We all know the the majority of OSS is released under one or other of the GPL and is thus incompatible with FRAND. If OSS really didn't matter why spend so much time lobbying to block it?

Pamela Chestek said...

I agree with others that there is a fundamental flaw in the authors' premise, that a GPL license requires that the modifications be made available to others. That is simply not true; the requirement is that IF one distributes binary code, one must also provide the matching source code. The survey question asked was fine: "Why did you choose the version you did?" with one possible response "It gave me greater freedom to modify the software." Quite possibly a respondent knew that he or she wanted to customize the software for the person's particular application, but from that one cannot possibly infer that the individual understood that to include a burden to publish the changes because there simply is no such burden.

The authors accurately stated one reason for a dual licensing scheme: "the belief that customers would want proprietary software because they hoped to improve on it and sell the improvements." (p. 152). The GPL requires that all derivative works be also licensed under the GPL, so a dual licensing scheme provides an alternative licensing vehicle that will allow the licensee to lock up its modifications under a proprietary license. Whether this assumption was an accurate one would have been interesting to learn, but, alas, we'll never know from this study. After determining that there was distribution of modified software by both open source and proprietary licensees, what the authors never probed is what license was actually used for these derivative works, i.e., whether the redistributions of the code acquired under the proprietary license was indeed subsequently distributed under a proprietary, revenue-generating license.

Confusingly instead, the authors characterized the distribution of modified software as "under their own brand" or not which, as far as I can tell, was an attempt at a proxy for whether the modified software was revenue producing or not. However, the question is meaningless. It may have been the legal conclusion of those redistributing the software that the original brand could not be used for modified software, whether redistributed under an open source license or proprietary license. It is therefore false to suggest that the branding has anything to do with either revenue or the type of license used for the redistributed software.

So under "Implications," we have some troubling conclusions. "[The users] often use multiple programs and algorithms, some of which are open source and some of which are proprietary. That sort of mixing is a big worry for open-source lawyers ...." (p. 152). No, it's not. A user can mix and match however he or she pleases, because the licensing requirements for open source software occur on the distribution of the code, not the mere use. Software distributors must ensure that they can and do comply with the licensing obligations for all their inbound licenses, whether those licenses are open source or proprietary, but suggesting that there is or should be any concern at the user level is patently false.
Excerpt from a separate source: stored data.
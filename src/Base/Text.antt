-- ===== src/Base/Text.antt =====
-- Text as a list of character codes. The texts of the program that are taken apart (symbols,
-- directions, identifiers) are ASCII, and so is the upper case here.
use Prim.Native.Nat.{ℕ, ◌+◌, ◌-◌, ◌≤◌}
use Prim.Native.Char.{code}
use Prim.Native.String.{String}
use mathlib.Core.Path.{◌≡◌, refl, ap}
use mathlib.Core.Logic.{◌↔◌}
use mathlib.Core.Bool.{Bool, true, false, not, ◌&&◌, ◌||◌}
use mathlib.Core.List.{List, [], ◌∷◌, map, reverse}
use native.Mathlib.Omega.{arith}
use signalsync_be.Base.Tests.{leb, ◌==◌, if◌then◌else◌}
use signalsync_be.Base.Lists.{any, select, All, All-select, length}

abbrev pub Text : Type 0
Text = List ℕ

-- A literal.
abbrev pub codes : String → Text
codes String.[] = []
codes (String.◌∷◌ c s) = code c ∷ codes s

abbrev pub text_eq : Text → Text → Bool
text_eq [] [] = true
text_eq [] (_ ∷ _) = false
text_eq (_ ∷ _) [] = false
text_eq (a ∷ s) (b ∷ t) = a == b && text_eq s t

-- `text.startswith(prefix)`
abbrev pub starts_with : Text → Text → Bool
starts_with text [] = true
starts_with [] (_ ∷ _) = false
starts_with (a ∷ s) (b ∷ t) = a == b && starts_with s t

abbrev pub is_digit : ℕ → Bool
is_digit c = leb 48 c && leb c 57

abbrev pub is_upper : ℕ → Bool
is_upper c = leb 65 c && leb c 90

abbrev pub is_lower : ℕ → Bool
is_lower c = leb 97 c && leb c 122

unfoldable pub to_upper : ℕ → ℕ
to_upper c = if is_lower c then c - 32 else c

-- `value.upper()`
abbrev pub upper : Text → Text
upper s = map to_upper s

-- `[A-Z0-9]`
unfoldable pub is_symbol_char : ℕ → Bool
is_symbol_char c = is_upper c || is_digit c

-- White space, as `strip` removes it.
unfoldable pub is_space : ℕ → Bool
is_space c = c == 32 || (leb 9 c && leb c 13) || (leb 28 c && leb c 31)

-- `value.strip()` is not empty.
unfoldable pub has_content : Text → Bool
unfolding is_space
has_content s = any (λ c. not (is_space c)) s

-- `re.sub(r"[^A-Z0-9]", "", value.upper())`
unfoldable pub symbol_chars : Text → Text
symbol_chars s = select is_symbol_char (upper s)

pub text_eq_iff : (s t : Text) → (text_eq s t ≡ true) ↔ (s ≡ t)
text_eq_iff [] [] = ((λ h. refl), (λ h. refl))
text_eq_iff [] (b ∷ t) = ((λ h. cc), (λ h. cc))
text_eq_iff (a ∷ s) [] = ((λ h. cc), (λ h. cc))
text_eq_iff (a ∷ s) (b ∷ t) =
    let ih = text_eq_iff s t in ((λ h. ground (arith, ih.0)), (λ h. ground (arith, ih.1)))

pub starts_with-length : (s t : Text) → starts_with s t ≡ true → length t ≤ length s
starts_with-length s [] h = omega arith
starts_with-length [] (b ∷ t) h = cc
starts_with-length (a ∷ s) (b ∷ t) h = ground (arith, starts_with-length s t)

pub starts_with_self : (s : Text) → starts_with s s ≡ true
starts_with_self [] = refl
starts_with_self (a ∷ s) = ground (arith, starts_with_self s)

abbrev pub IsSymbolText : Text → Type 0
IsSymbolText s = All (λ c. is_symbol_char c ≡ true) s

pub symbol_chars-IsSymbolText : (s : Text) → IsSymbolText (symbol_chars s)
unfolding symbol_chars
symbol_chars-IsSymbolText s = All-select is_symbol_char (upper s)

to_upper-of_symbol : (c : ℕ) → is_symbol_char c ≡ true → to_upper c ≡ c
unfolding is_symbol_char to_upper
to_upper-of_symbol c h = ground arith

pub symbol_chars-of_symbol : (s : Text) → IsSymbolText s → symbol_chars s ≡ s
unfolding symbol_chars
symbol_chars-of_symbol [] h = refl
symbol_chars-of_symbol (c ∷ s) h =
    rw (to_upper-of_symbol c h.0) (rw h.0 (ap (λ t. c ∷ t) (symbol_chars-of_symbol s h.1)))

unfoldable pub to_lower : ℕ → ℕ
to_lower c = if is_upper c then c + 32 else c

-- `value.lower()`
abbrev pub lower : Text → Text
lower s = map to_lower s

-- `value.lstrip()`, and `value.strip()` by way of the reversed text.
unfoldable pub lstrip : Text → Text
lstrip [] = []
lstrip (c ∷ s) = let rest = lstrip s in if is_space c then rest else c ∷ s

unfoldable pub strip : Text → Text
unfolding lstrip
strip s = reverse (lstrip (reverse (lstrip s)))
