-- ===== src/Billing.antt =====
-- Subscriptions and what they give access to: src/app/domains/billing/models.py, entitlements.py
-- and the pure part of service.py.
-- Times are seconds. A limit is an `int` of Python.
pub mod Catalog
pub mod Payload
pub mod Access
pub mod Sample
mod Examples
use signalsync_be.Base.{
  ℕ, Bool, true, false, ◌&&◌, ◌||◌, Option, none, some, List, ltb, leb, ◌==◌, find_first, is_none,
  is_some, if◌then◌else◌,
}
use signalsync_be.Base.Int.{ℤ, pos, ltb_ℤ, leb_ℤ}
use signalsync_be.Base.Python.{Outcome, returned, raised, raise_if, ◌>>◌}
use signalsync_be.Base.Text.{Text, text_eq}

pub data BillingPlan : Type 0 where
  journal copy : BillingPlan

pub data BillingStatus : Type 0 where
  active past_due unpaid canceled : BillingStatus

pub record BillingSubscription : Type 0 where
  pub user_id : ℕ
  pub provider_customer_id : Option Text
  pub provider_subscription_id : Text
  pub provider_product_id : Text
  pub plan : BillingPlan
  pub status : BillingStatus
  pub copy_account_limit : ℤ
  pub currency : Text
  pub amount : Text
  pub current_period_start : Option ℕ
  pub current_period_end : Option ℕ
  pub grace_ends_at : Option ℕ
  pub cancel_at_period_end : Bool
  pub canceled_at : Option ℕ
  pub pending_plan : Option BillingPlan
  pub pending_copy_account_limit : Option ℤ
  pub pending_effective_at : Option ℕ

-- The exceptions of the billing and affiliate services, by their message.
pub data BillingError : Type 0 where
  unknown_product tiers_out_of_range bad_catalog missing_identifiers unlinked : BillingError
  unsupported_status not_a_user bad_envelope bad_datetime bad_amount : BillingError
  no_unique_code uniqueness : BillingError
  http_exception : ℕ → BillingError

abbrev pub same_plan : BillingPlan → BillingPlan → Bool
same_plan journal journal = true
same_plan copy copy = true
same_plan _ _ = false

abbrev pub same_limit : ℤ → ℤ → Bool
same_limit a b = leb_ℤ a b && leb_ℤ b a

-- `SubscriptionLike`
pub record SubscriptionLike : Type 0 where
  pub plan : BillingPlan
  pub status : BillingStatus
  pub copy_account_limit : ℤ
  pub current_period_end : Option ℕ
  pub grace_ends_at : Option ℕ

-- `at is not None and at > now`
abbrev pub is_after : Option ℕ → ℕ → Bool
is_after none now = false
is_after (some time) now = ltb now time

abbrev pub paid_access : BillingStatus → SubscriptionLike → ℕ → Bool
paid_access active s now = is_none s.current_period_end || is_after s.current_period_end now
paid_access past_due s now = is_after s.grace_ends_at now
paid_access _ s now = false

unfoldable pub has_paid_access : Option SubscriptionLike → ℕ → Bool
has_paid_access none now = false
has_paid_access (some s) now = paid_access s.status s now

unfoldable pub has_journal_access : Option SubscriptionLike → ℕ → Bool
unfolding has_paid_access
has_journal_access s now = has_paid_access s now

unfoldable pub has_copy_access : Option SubscriptionLike → ℕ → Bool
unfolding has_paid_access
has_copy_access none now = false
has_copy_access (some s) now =
    same_plan s.plan copy && ltb_ℤ (pos 0) s.copy_account_limit && has_paid_access (some s) now

-- `current_account_count >= subscription.copy_account_limit`, asked of a subscription that has access
abbrev pub is_full : Option SubscriptionLike → ℕ → Bool
is_full none count = true
is_full (some s) count = leb_ℤ s.copy_account_limit (pos count)

pub require_copy_account_capacity :
    Option SubscriptionLike → ℕ → ℕ → Outcome BillingError (Unit {0})
unfolding has_copy_access
require_copy_account_capacity s count now =
    if has_copy_access s now
    then raise_if (is_full s count) (http_exception 403)
    else raised (http_exception 402)

-- `pending_effective_at is not None and pending_effective_at <= now`
abbrev pub has_come : Option ℕ → ℕ → Bool
has_come none now = false
has_come (some time) now = leb time now

abbrev pub limit_or_zero : Option ℤ → ℤ
limit_or_zero none = pos 0
limit_or_zero (some limit) = limit

abbrev pub pending_values : Option BillingPlan → BillingSubscription → ℕ → BillingPlan × ℤ
pending_values none s now = (s.plan, s.copy_account_limit)
pending_values (some plan) s now =
    if has_come s.pending_effective_at now
    then (plan, limit_or_zero s.pending_copy_account_limit)
    else (s.plan, s.copy_account_limit)

unfoldable pub effective_values : BillingSubscription → ℕ → BillingPlan × ℤ
effective_values s now = pending_values s.pending_plan s now

unfoldable pub effective_subscription : BillingSubscription → ℕ → SubscriptionLike
unfolding effective_values
effective_subscription s now =
    let (plan, limit) = effective_values s now in
    record {
      plan = plan;
      status = s.status;
      copy_account_limit = limit;
      current_period_end = s.current_period_end;
      grace_ends_at = s.grace_ends_at;
    }

-- What the response says of access; its other fields are copies.
pub record SubscriptionResponse : Type 0 where
  pub plan : Option BillingPlan
  pub status : Option BillingStatus
  pub journal_access : Bool
  pub copy_access : Bool
  pub copy_account_limit : ℤ

-- The effective subscription is made at the time of the clock, and then set to the plan and the limit
-- of the given time.
pub subscription_response : Option BillingSubscription → ℕ → ℕ → SubscriptionResponse
unfolding effective_values effective_subscription has_journal_access has_copy_access
subscription_response none clock now = record {
  plan = none;
  status = none;
  journal_access = false;
  copy_access = false;
  copy_account_limit = pos 0;
}
subscription_response (some s) clock now =
    let values = effective_values s now in
    let effective = record (effective_subscription s clock) {
      plan = values.0;
      copy_account_limit = values.1;
    } in
    record {
      plan = some values.0;
      status = some s.status;
      journal_access = has_journal_access (some effective) now;
      copy_access = has_copy_access (some effective) now;
      copy_account_limit = values.1;
    }

unfoldable pub is_upgrade : BillingSubscription → BillingPlan → ℤ → Bool
is_upgrade s target_plan target_accounts =
    (same_plan s.plan journal && same_plan target_plan copy)
    || (same_plan s.plan copy
        && same_plan target_plan copy
        && ltb_ℤ s.copy_account_limit target_accounts)

-- `get_subscription_by_provider_id` and `get_subscription_for_user` of repository.py
abbrev pub subscription_by_provider_id :
    Text → List BillingSubscription → Option BillingSubscription
subscription_by_provider_id provider_id subscriptions =
    find_first (λ s. text_eq s.provider_subscription_id provider_id) subscriptions

abbrev pub subscription_for_user : ℕ → List BillingSubscription → Option BillingSubscription
subscription_for_user user_id subscriptions = find_first (λ s. s.user_id == user_id) subscriptions
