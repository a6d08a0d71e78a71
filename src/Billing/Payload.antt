-- ===== src/Billing/Payload.antt =====
-- The `data` of an event of the payment provider, as src/app/domains/billing/service.py and
-- src/app/domains/affiliates/service.py read it.
-- A field is what `data.get(...)` gives: `null` for a missing key. The fields of a nested object are
-- `null` where the object is missing or no object, as with `... if isinstance(..., dict) else {}`.
use signalsync_be.Base.{ℕ, Bool, false, not, Option, none, some, is_empty, if◌then◌else◌}
use signalsync_be.Base.Int.{ℤ, pos}
use signalsync_be.Base.Python.{Outcome, returned, ◌>>=◌}
use signalsync_be.Base.Text.{Text}
use signalsync_be.Billing.{BillingError, same_limit}

-- A value that JSON decoding gives. `other` is a float, a list or an object with its truth value and
-- an identity.
pub data Value : Type 0 where
  null : Value
  text : Text → Value
  whole : ℤ → Value
  other : Bool → ℕ → Value

pub record EventData : Type 0 where
  pub id : Value
  pub subscription_id : Value
  pub nested_subscription_id : Value
  pub nested_subscription_own_id : Value
  pub product_id : Value
  pub nested_product_id : Value
  pub status : Value
  pub customer_id : Value
  pub customer_email : Value
  pub tradepartna_user_id : Value
  pub currency : Value
  pub amount : Value
  pub current_period_start : Value
  pub current_period_end : Value
  pub cancel_at_period_end : Value
  pub canceled_at : Value
  pub invoice_id : Value
  pub payment_id : Value
  pub charge_id : Value
  pub nested_payment_id : Value
  pub nested_payment_own_id : Value
  pub amount_collected : Value
  pub amount_paid : Value
  pub total_paid : Value
  pub refund_amount : Value

-- What the code uses of Python's library: `str` of a value that is no text; `datetime.fromisoformat`
-- after the replacement of "Z", in seconds; `uuid.UUID`, none for an error; `Decimal(text)` rounded
-- to cents; and `(amount * (refund / base)).quantize(...)` in cents, for a refund below the base.
pub record Library : Type 0 where
  pub print : Value → Text
  pub from_iso : Text → Outcome BillingError ℕ
  pub uuid_of : Text → Option ℕ
  pub to_cents : Text → Outcome BillingError ℤ
  pub proportion : ℕ → ℤ → ℕ → ℤ

-- `bool(value)`
unfoldable pub truthy : Value → Bool
truthy null = false
truthy (text t) = not (is_empty t)
truthy (whole n) = not (same_limit n (pos 0))
truthy (other truth _) = truth

infixr 20 ◌or_else◌
-- `a or b`
unfoldable pub ◌or_else◌ : Value → Value → Value
unfolding truthy
a or_else b = if truthy a then a else b

-- `str(value)`
unfoldable pub str : Library → Value → Text
str library (text t) = t
str library value = library.print value

-- `str(value) if value else None`
unfoldable pub str_or_none : Library → Value → Option Text
unfolding truthy str
str_or_none library value = if truthy value then some (str library value) else none

abbrev pub iso_of : Library → Text → Outcome BillingError (Option ℕ)
iso_of library t = library.from_iso t >>= λ time. returned (some time)

-- `parse_datetime`
unfoldable pub parse_datetime : Library → Value → Outcome BillingError (Option ℕ)
parse_datetime library (text t) = if is_empty t then returned none else iso_of library t
parse_datetime library _ = returned none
"Curiously, even these improvers seem largely indifferent to the open-source–proprietary line, to the extent that many of them appear to be ignoring the fundamental constraint of open-source software—that you release your improvements to everyone. In fact, it is not clear that they are even aware of the limits on behavior that open-source licenses impose.... Law may matter to makers of open-source software, but it does not appear to affect the behavior of software users." (p. 153). As noted, this is a completely inaccurate statement about open source licenses. It is the authors who are unaware of the behavior that the licenses impose; the users appear to be doing just fine.

Where on earth was peer review on this article?

Anonymous said...

Personally, I use open-source software (when available) rather than proprietary software because it saves me money. Sometimes it's not quite as good, but the rapport qualité-prix is just fine.